# PFC200 750-8212 e!Cockpit ModBus RTU Status auslesen



## Nilzon (13 Januar 2021)

Hallo zusammen, 

verwende einen OFC200 750-8212 mit e!Cockpit. 
ModBus RTU läuft über die onBoard-Schnittstelle (COM1). 
Der PFC200 ist ModBus Master.
Verwendet wird der integrierte ModBus-Konfigurator.

Nun gibt es ja wenn man über e!Cockpit online ist diese gekachelte Statusanzeige. 
Da wird auch ein ModBus RTU Fehler angezeigt, wenn ich einen Slave abschalte. 
Nun möchte ich schlicht und einfach diesen ModBus RTU-Fehler in der Programmierung verwenden. 
Sodass ich merke, wenn ein Slave ausgefallen ist. 

Und hier stehe ich komplett auf dem Schlauch. 
Die Suche habe ich bemüht, erfolglos. Wobei die natürlich nur was liefert, wenn man die richtigen Begriffe eingibt. 
Das Einzige, was ich bisher fand war IoConfig_Globals.MODBUSSLAVE_rtu.GetErrorCode();
Der Wert ist jedoch immer 0. Egal ob der Fehler ansteht oder nicht

Bitte gebt mir einen Schubs in die richtige Richtung. 
Wie komme ich an die Fehlermeldung. Idealerweise pro Slave. Damit ich weiß, welcher da ausgefallen ist. 
Mit der Bibliothekslösung in I/O-Pro wusste ich wie das geht. 
Aber hier, mit dem integrierten Konfigurator komm ich nicht weiter.

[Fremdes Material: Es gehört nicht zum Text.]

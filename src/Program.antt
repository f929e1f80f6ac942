-- ===== src/Program.antt =====
-- cmd/tracearr/main.go: `run` up to the server, from the loaded settings. What the libraries answer is a
-- parameter: bolt.Open, metrics.New, and what the exporter uses.
pub mod Startup
use tracearr.Prelude.{
  ℕ, is_some, Bool, true, false, not, ◌&&◌, String, List, [], ◌∷◌, ◌++◌, Option, none, some, ◌⊎◌,
  inl, inr, ◌==◌, string_eq, if◌then◌else◌,
}
use tracearr.Prelude.Int.{ℤ, pos, negsuc}
use tracearr.Prelude.Lists.{Bytes, is_empty}
use tracearr.Config.{Config, AppSource, LoadError, load}
use tracearr.Store.Memory
use tracearr.Store.Memory.{memory_store}
use tracearr.Store.Disk.Buckets.{Bolt}
use tracearr.Store.Disk.Loading.{OpenError}
use tracearr.Store.Bolt.{BoltStore, bolt_store, open_bolt_store}
use tracearr.Exporter.{System, ExporterConfig, ExporterError, Provider, new_provider}
use tracearr.Log.{Level, parse_level}
use tracearr.Metrics.{Metrics}
use tracearr.Receiver.Routes.{Server, new_server, set_metrics, set_scrape_handler}
use tracearr.Pollers.Loops.{QueuePoller, ProwlarrPoller, new_queue_poller, new_prowlarr_poller}
use tracearr.Engine.State.{Engine, new}
use tracearr.Engine.Lifetime.{restore}

-- The engine over the store that the settings choose.
pub data Running (D : Bolt) : Type 0 where
  on_memory : Engine memory_store → Running D
  on_bolt : Engine (bolt_store D) → Running D

-- a goroutine that polls
pub data Poller : Type 0 where
  queue : QueuePoller → Poller
  prowlarr : ProwlarrPoller → Poller

pub data StartError : Type 0 where
  load_config : LoadError → StartError
  init_exporter : ExporterError → StartError
  init_metrics : StartError
  open_store : OpenError → StartError

pub record Started (D : Bolt) : Type 0 where
  pub engine : Running D
  pub pollers : List Poller
  pub provider : Provider
  pub log_level : Level
  pub listen : String
  pub read_timeout : ℤ
  pub server : Server

-- 24 hours and 30 days
abbrev pub dedup_ttl : ℕ
dedup_ttl = 86400000000000

abbrev pub recall_ttl : ℕ
recall_ttl = 2592000000000000

-- The look-back as a number. A negative one, at which every parked download has expired, stands as 0,
-- at which those of earlier instants have.
abbrev pub lookback : ℤ → ℕ
lookback (pos n) = n
lookback (negsuc n) = 0

unfoldable pub restore_running : {D : Bolt} → Running D → Running D
restore_running (on_memory e) = on_memory (restore e)
restore_running (on_bolt e) = on_bolt (restore e)

unfoldable pub open_engine : {D : Bolt} → Config → Option D.Db → StartError ⊎ Running D
open_engine {D} cfg file =
    if cfg.storage.backend == "bolt"
    then elim (open_bolt_store {D = D} file dedup_ttl recall_ttl) [
      | inl e ↦ inl (open_store e)
      | inr s ↦ inr (on_bolt (new s (lookback cfg.correlation.download_lookback)))
    ]
    else inr (
        on_memory
          (new (Memory.new dedup_ttl recall_ttl) (lookback cfg.correlation.download_lookback)))

-- The source is polled.
unfoldable pub polls : AppSource → Bool
polls app = app.enabled && not (app.base_url == "") && not (is_empty app.api_key)

unfoldable pub pollers_of : Config → List Poller
unfolding polls
pollers_of cfg =
    let sonarr = cfg.sources.sonarr in
    let radarr = cfg.sources.radarr in
    let indexers = cfg.sources.prowlarr in
    (if polls sonarr
      then queue
          (new_queue_poller "sonarr" sonarr.base_url sonarr.api_key sonarr.queue_poll_interval)
        ∷ []
      else [])
    ++ (if polls radarr
        then queue
            (new_queue_poller "radarr" radarr.base_url radarr.api_key radarr.queue_poll_interval)
          ∷ []
        else [])
    ++ (if polls indexers
        then prowlarr
            (new_prowlarr_poller indexers.base_url indexers.api_key indexers.history_poll_interval)
          ∷ []
        else [])

-- the exporter's settings, of this version of the program
unfoldable pub exporter_config : String → Config → ExporterConfig
exporter_config version cfg = record {
  endpoint = cfg.otlp.endpoint;
  protocol = cfg.otlp.protocol;
  insecure = cfg.otlp.insecure;
  headers_env = cfg.otlp.headers_env;
  ca_file = cfg.otlp.tls.ca_file;
  cert_file = cfg.otlp.tls.cert_file;
  key_file = cfg.otlp.tls.key_file;
  service_name = "tracearr";
  namespace = "media";
  version = version;
  batch_timeout = pos 0;
}

-- the receiver, which counts where metrics are enabled
unfoldable pub receiver_of : Config → Option Metrics → Server
receiver_of cfg made =
    let server = new_server cfg.sources in
    if cfg.metrics.metrics_enabled
    then set_scrape_handler true (set_metrics made server)
    else server

-- `run`, with what metrics.New and bolt.Open answer
unfoldable pub start :
    {D : Bolt}
    → System
    → String
    → LoadError ⊎ Config
    → Option Metrics
    → Option D.Db
    → StartError ⊎ Started D
unfolding restore_running open_engine pollers_of exporter_config receiver_of
start sys version (inl e) made file = inl (load_config e)
start {D} sys version (inr cfg) made file = elim (new_provider sys (exporter_config version cfg)) [
  | inl e ↦ inl (init_exporter e)
  | inr provider ↦ elim (open_engine {D = D} cfg file) [
    | inl e ↦ inl e
    | inr engine ↦
        if cfg.metrics.metrics_enabled && not (is_some made)
        then inl init_metrics
        else inr (record {
          engine = restore_running engine;
          pollers = pollers_of cfg;
          provider = provider;
          log_level = parse_level sys.to_lower cfg.logs.level;
          listen = cfg.server.listen;
          read_timeout = cfg.server.read_timeout;
          server = receiver_of cfg made;
        })
  ]
]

Ganz herzlichen Dank uns schöne Grüße,
Nilzon


----------



## shg (13 Januar 2021)

Hi,

ich hatte ein ähnliches Problem.
Meine ModbusSlaves haben ein Register in denen die eigene Adresse steht. So hat z.b. der Slave 1 die Netzwerkadresse 1 usw. 
Ich frage im Programm die Slaves nach ihren Adressen und vergleiche sie mit einem Erwartungswert z.b. für den Slave 1 mit der Netzwerkadresse 1 wäre das... 1. Reisst die Verbindung zum Slave ab, kann diese Abfrage nicht mehr stattfinden und es wird der Ersatzwert "0" geliefert (musst Du aber im Konfigurator einstellen). Dieses Abfrageergebnis passt mit dem Erwartungswert "1" nicht zusammen... Fehlermeldung. Würde das noch kurzzeitpuffern.

Grusd


----------



## Nilzon (14 Januar 2021)

Danke. Das ist ein anderer Ansatz, an den ich noch nicht gedacht hatte. 
Ich werde mir den Konfigurator anschauen. Über die Ersatzwertbildung bin ich noch nicht gestolpert. Da ich den Konfigurator wie ein rohes Ei behandeln muss, damit e!C nicht abstürzt war ich da nicht sehr intensiv an Forschen.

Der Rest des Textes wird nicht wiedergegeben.